# Exercise description
An identical copy of the data below is needed.

————————

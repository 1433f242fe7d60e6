-- ===== src/Crypto/Socket/Open.antt =====
-- The creation of sockets: `tcp_listen`, `tcp_accept`, `tcp_connect` and `close_fd` of
-- crypto/src/socket.cpp. The state is the list of the descriptors that the process has open; what the
-- calls of the operating system answer is an argument.
use pqc_edr.Base.{
  ℕ, ◌≡◌, ◌≢◌, ◌⊎◌, refl, Bool, true, false, Bool-cases, inl, inr, not, Option, none, some, List,
  [], ◌∷◌, ◌==◌, if◌then◌else◌, ==_iff,
}
use pqc_edr.Crypto.Result.{
  Result, ok, err, socket, bad_address, unresolved, socket_failed, bind_failed, listen_failed,
  accept_failed, connect_failed, no_name,
}

-- What `inet_pton`, `socket`, `bind` and `listen` answer.
pub record ListenAnswers : Type 0 where
  pub address : Option ℕ
  pub fd : Option ℕ
  pub bound : Bool
  pub listening : Bool

-- What `getaddrinfo`, `socket` and `connect` answer.
pub record ConnectAnswers : Type 0 where
  pub address : Option ℕ
  pub fd : Option ℕ
  pub is_connected : Bool

-- `::close` of an open descriptor.
unfoldable pub close : ℕ → List ℕ → List ℕ
close fd [] = []
close fd (x ∷ fds) = if x == fd then fds else x ∷ close fd fds

-- `none` is a negative number.
unfoldable pub close_fd : Option ℕ → List ℕ → List ℕ
close_fd none fds = fds
close_fd (some fd) fds = close fd fds

-- The socket that listens, once it is made.
abbrev pub listen_on : ListenAnswers → ℕ → List ℕ → Result ℕ × List ℕ
listen_on a fd fds =
    if not a.bound
    then (err (socket bind_failed), fd ∷ fds)
    else if not a.listening
    then (err (socket listen_failed), fd ∷ fds)
    else (ok fd, fd ∷ fds)

abbrev pub listen_socket : ListenAnswers → Option ℕ → List ℕ → Result ℕ × List ℕ
listen_socket a none fds = (err (socket socket_failed), fds)
listen_socket a (some fd) fds = listen_on a fd fds

abbrev pub listen_address : ListenAnswers → Option ℕ → List ℕ → Result ℕ × List ℕ
listen_address a none fds = (err (socket bad_address), fds)
listen_address a (some addr) fds = listen_socket a a.fd fds

unfoldable pub tcp_listen : ListenAnswers → List ℕ → Result ℕ × List ℕ
tcp_listen a fds = listen_address a a.address fds

-- `tcp_local_port`, given the port that `getsockname` finds.
unfoldable pub tcp_local_port : Option ℕ → Result ℕ
tcp_local_port none = err (socket no_name)
tcp_local_port (some port) = ok port

unfoldable pub tcp_accept : Option ℕ → List ℕ → Result ℕ × List ℕ
tcp_accept none fds = (err (socket accept_failed), fds)
tcp_accept (some fd) fds = (ok fd, fd ∷ fds)

abbrev pub connect_socket : ConnectAnswers → Option ℕ → List ℕ → Result ℕ × List ℕ
connect_socket a none fds = (err (socket socket_failed), fds)
connect_socket a (some fd) fds =
    if not a.is_connected
    then (err (socket connect_failed), close fd (fd ∷ fds))
    else (ok fd, fd ∷ fds)

abbrev pub connect_address : ConnectAnswers → Option ℕ → List ℕ → Result ℕ × List ℕ
connect_address a none fds = (err (socket unresolved), fds)
connect_address a (some addr) fds = connect_socket a a.fd fds

unfoldable pub tcp_connect : ConnectAnswers → List ℕ → Result ℕ × List ℕ
tcp_connect a fds = connect_address a a.address fds

-- Closing the newest descriptor gives the others back.
pub close_newest : (fd : ℕ) (fds : List ℕ) → close fd (fd ∷ fds) ≡ fds
unfolding close
close_newest fd fds = let same : (fd == fd) ≡ true = (==_iff fd fd).1 refl in rw same refl

-- What `tcp_connect` leaves open is its result: with a descriptor, that one and what was open before, and
-- with an exception, only what was open before.
abbrev pub IsKept : List ℕ → Result ℕ → List ℕ → Type 0
IsKept fds (err why) after = after ≡ fds
IsKept fds (ok fd) after = after ≡ fd ∷ fds

connect_socket-IsKept :
    (a : ConnectAnswers) (fd : Option ℕ) (fds : List ℕ)
    → IsKept fds (connect_socket a fd fds).0 (connect_socket a fd fds).1
connect_socket-IsKept a none fds = refl
connect_socket-IsKept a (some fd) fds = elim (Bool-cases a.is_connected) [
  | inl e ↦ rw e refl
  | inr e ↦ rw e (close_newest fd fds)
]

connect_address-IsKept :
    (a : ConnectAnswers) (address : Option ℕ) (fds : List ℕ)
    → IsKept fds (connect_address a address fds).0 (connect_address a address fds).1
connect_address-IsKept a none fds = refl
connect_address-IsKept a (some addr) fds = connect_socket-IsKept a a.fd fds

tcp_connect-IsKept :
    (a : ConnectAnswers) (fds : List ℕ) → IsKept fds (tcp_connect a fds).0 (tcp_connect a fds).1
unfolding tcp_connect
tcp_connect-IsKept a fds = connect_address-IsKept a a.address fds

listen_on-leaks :
    (a : ListenAnswers) (fd : ℕ) (fds : List ℕ)
    → (a.bound ≡ false) ⊎ (a.listening ≡ false)
    → ((listen_on a fd fds).1 ≡ fd ∷ fds) × ((v : ℕ) → (listen_on a fd fds).0 ≢ ok v)
listen_on-leaks a fd fds bad = elim (Bool-cases a.bound) [
  | inr e ↦ rw e (refl, λ v h. cc)
  | inl e ↦ elim bad [ inl f ↦ cc | inr f ↦ rw (e, f) (refl, λ v h. cc) ]
]

-- `tcp_connect` keeps the descriptors in order and `tcp_listen` does not: with an exception `tcp_connect`
-- leaves open what was open before, and with a descriptor that one too; `tcp_listen`, whose address is
-- good and whose socket could be made, leaves it open also where it throws because `bind` or `listen`
-- fails.
pub listen_leaks :
    (a : ListenAnswers) (b : ConnectAnswers) (addr fd : ℕ) (fds : List ℕ)
    → a.address ≡ some addr
    → a.fd ≡ some fd
    → (a.bound ≡ false) ⊎ (a.listening ≡ false)
    → IsKept fds (tcp_connect b fds).0 (tcp_connect b fds).1
      × ((tcp_listen a fds).1 ≡ fd ∷ fds)
      × ((v : ℕ) → (tcp_listen a fds).0 ≢ ok v)
unfolding tcp_listen
listen_leaks a b addr fd fds ha hf bad =
    let (left, thrown) = listen_on-leaks a fd fds bad in
    (tcp_connect-IsKept b fds, rw (ha, hf) left, rw (ha, hf) thrown)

————————

# Answer below
repository 1433f242fe7d60e6
-- ===== src/Crypto/Socket/Open.antt =====
-- The creation of sockets: `tcp_listen`, `tcp_accept`, `tcp_connect` and `close_fd` of
-- crypto/src/socket.cpp. The state is the list of the descriptors that the process has open; what the
-- calls of the operating system answer is an argument.
use pqc_edr.Base.{
  ℕ, ◌≡◌, ◌≢◌, ◌⊎◌, refl, Bool, true, false, Bool-cases, inl, inr, not, Option, none, some, List,
  [], ◌∷◌, ◌==◌, if◌then◌else◌, ==_iff,
}
use pqc_edr.Crypto.Result.{
  Result, ok, err, socket, bad_address, unresolved, socket_failed, bind_failed, listen_failed,
  accept_failed, connect_failed, no_name,
}

-- What `inet_pton`, `socket`, `bind` and `listen` answer.
pub record ListenAnswers : Type 0 where
  pub address : Option ℕ
  pub fd : Option ℕ
  pub bound : Bool
  pub listening : Bool

-- What `getaddrinfo`, `socket` and `connect` answer.
pub record ConnectAnswers : Type 0 where
  pub address : Option ℕ
  pub fd : Option ℕ
  pub is_connected : Bool

-- `::close` of an open descriptor.
unfoldable pub close : ℕ → List ℕ → List ℕ
close fd [] = []
close fd (x ∷ fds) = if x == fd then fds else x ∷ close fd fds

-- `none` is a negative number.
unfoldable pub close_fd : Option ℕ → List ℕ → List ℕ
close_fd none fds = fds
close_fd (some fd) fds = close fd fds

-- The socket that listens, once it is made.
abbrev pub listen_on : ListenAnswers → ℕ → List ℕ → Result ℕ × List ℕ
listen_on a fd fds =
    if not a.bound
    then (err (socket bind_failed), fd ∷ fds)
    else if not a.listening
    then (err (socket listen_failed), fd ∷ fds)
    else (ok fd, fd ∷ fds)

abbrev pub listen_socket : ListenAnswers → Option ℕ → List ℕ → Result ℕ × List ℕ
listen_socket a none fds = (err (socket socket_failed), fds)
listen_socket a (some fd) fds = listen_on a fd fds

abbrev pub listen_address : ListenAnswers → Option ℕ → List ℕ → Result ℕ × List ℕ
listen_address a none fds = (err (socket bad_address), fds)
listen_address a (some addr) fds = listen_socket a a.fd fds

unfoldable pub tcp_listen : ListenAnswers → List ℕ → Result ℕ × List ℕ
tcp_listen a fds = listen_address a a.address fds

-- `tcp_local_port`, given the port that `getsockname` finds.
unfoldable pub tcp_local_port : Option ℕ → Result ℕ
tcp_local_port none = err (socket no_name)
tcp_local_port (some port) = ok port

unfoldable pub tcp_accept : Option ℕ → List ℕ → Result ℕ × List ℕ
tcp_accept none fds = (err (socket accept_failed), fds)
tcp_accept (some fd) fds = (ok fd, fd ∷ fds)

abbrev pub connect_socket : ConnectAnswers → Option ℕ → List ℕ → Result ℕ × List ℕ
connect_socket a none fds = (err (socket socket_failed), fds)
connect_socket a (some fd) fds =
    if not a.is_connected
    then (err (socket connect_failed), close fd (fd ∷ fds))
    else (ok fd, fd ∷ fds)

abbrev pub connect_address : ConnectAnswers → Option ℕ → List ℕ → Result ℕ × List ℕ
connect_address a none fds = (err (socket unresolved), fds)
connect_address a (some addr) fds = connect_socket a a.fd fds

unfoldable pub tcp_connect : ConnectAnswers → List ℕ → Result ℕ × List ℕ
tcp_connect a fds = connect_address a a.address fds

-- Closing the newest descriptor gives the others back.
pub close_newest : (fd : ℕ) (fds : List ℕ) → close fd (fd ∷ fds) ≡ fds
unfolding close
close_newest fd fds = let same : (fd == fd) ≡ true = (==_iff fd fd).1 refl in rw same refl

-- What `tcp_connect` leaves open is its result: with a descriptor, that one and what was open before, and
-- with an exception, only what was open before.
abbrev pub IsKept : List ℕ → Result ℕ → List ℕ → Type 0
IsKept fds (err why) after = after ≡ fds
IsKept fds (ok fd) after = after ≡ fd ∷ fds

connect_socket-IsKept :
    (a : ConnectAnswers) (fd : Option ℕ) (fds : List ℕ)
    → IsKept fds (connect_socket a fd fds).0 (connect_socket a fd fds).1
connect_socket-IsKept a none fds = refl
connect_socket-IsKept a (some fd) fds = elim (Bool-cases a.is_connected) [
  | inl e ↦ rw e refl
  | inr e ↦ rw e (close_newest fd fds)
]

connect_address-IsKept :
    (a : ConnectAnswers) (address : Option ℕ) (fds : List ℕ)
    → IsKept fds (connect_address a address fds).0 (connect_address a address fds).1
connect_address-IsKept a none fds = refl
connect_address-IsKept a (some addr) fds = connect_socket-IsKept a a.fd fds

tcp_connect-IsKept :
    (a : ConnectAnswers) (fds : List ℕ) → IsKept fds (tcp_connect a fds).0 (tcp_connect a fds).1
unfolding tcp_connect
tcp_connect-IsKept a fds = connect_address-IsKept a a.address fds

listen_on-leaks :
    (a : ListenAnswers) (fd : ℕ) (fds : List ℕ)
    → (a.bound ≡ false) ⊎ (a.listening ≡ false)
    → ((listen_on a fd fds).1 ≡ fd ∷ fds) × ((v : ℕ) → (listen_on a fd fds).0 ≢ ok v)
listen_on-leaks a fd fds bad = elim (Bool-cases a.bound) [
  | inr e ↦ rw e (refl, λ v h. cc)
  | inl e ↦ elim bad [ inl f ↦ cc | inr f ↦ rw (e, f) (refl, λ v h. cc) ]
]

-- `tcp_connect` keeps the descriptors in order and `tcp_listen` does not: with an exception `tcp_connect`
-- leaves open what was open before, and with a descriptor that one too; `tcp_listen`, whose address is
-- good and whose socket could be made, leaves it open also where it throws because `bind` or `listen`
-- fails.
pub listen_leaks :
    (a : ListenAnswers) (b : ConnectAnswers) (addr fd : ℕ) (fds : List ℕ)
    → a.address ≡ some addr
    → a.fd ≡ some fd
    → (a.bound ≡ false) ⊎ (a.listening ≡ false)
    → IsKept fds (tcp_connect b fds).0 (tcp_connect b fds).1
      × ((tcp_listen a fds).1 ≡ fd ∷ fds)
      × ((v : ℕ) → (tcp_listen a fds).0 ≢ ok v)
unfolding tcp_listen
listen_leaks a b addr fd fds ha hf bad =
    let (left, thrown) = listen_on-leaks a fd fds bad in
    (tcp_connect-IsKept b fds, rw (ha, hf) left, rw (ha, hf) thrown)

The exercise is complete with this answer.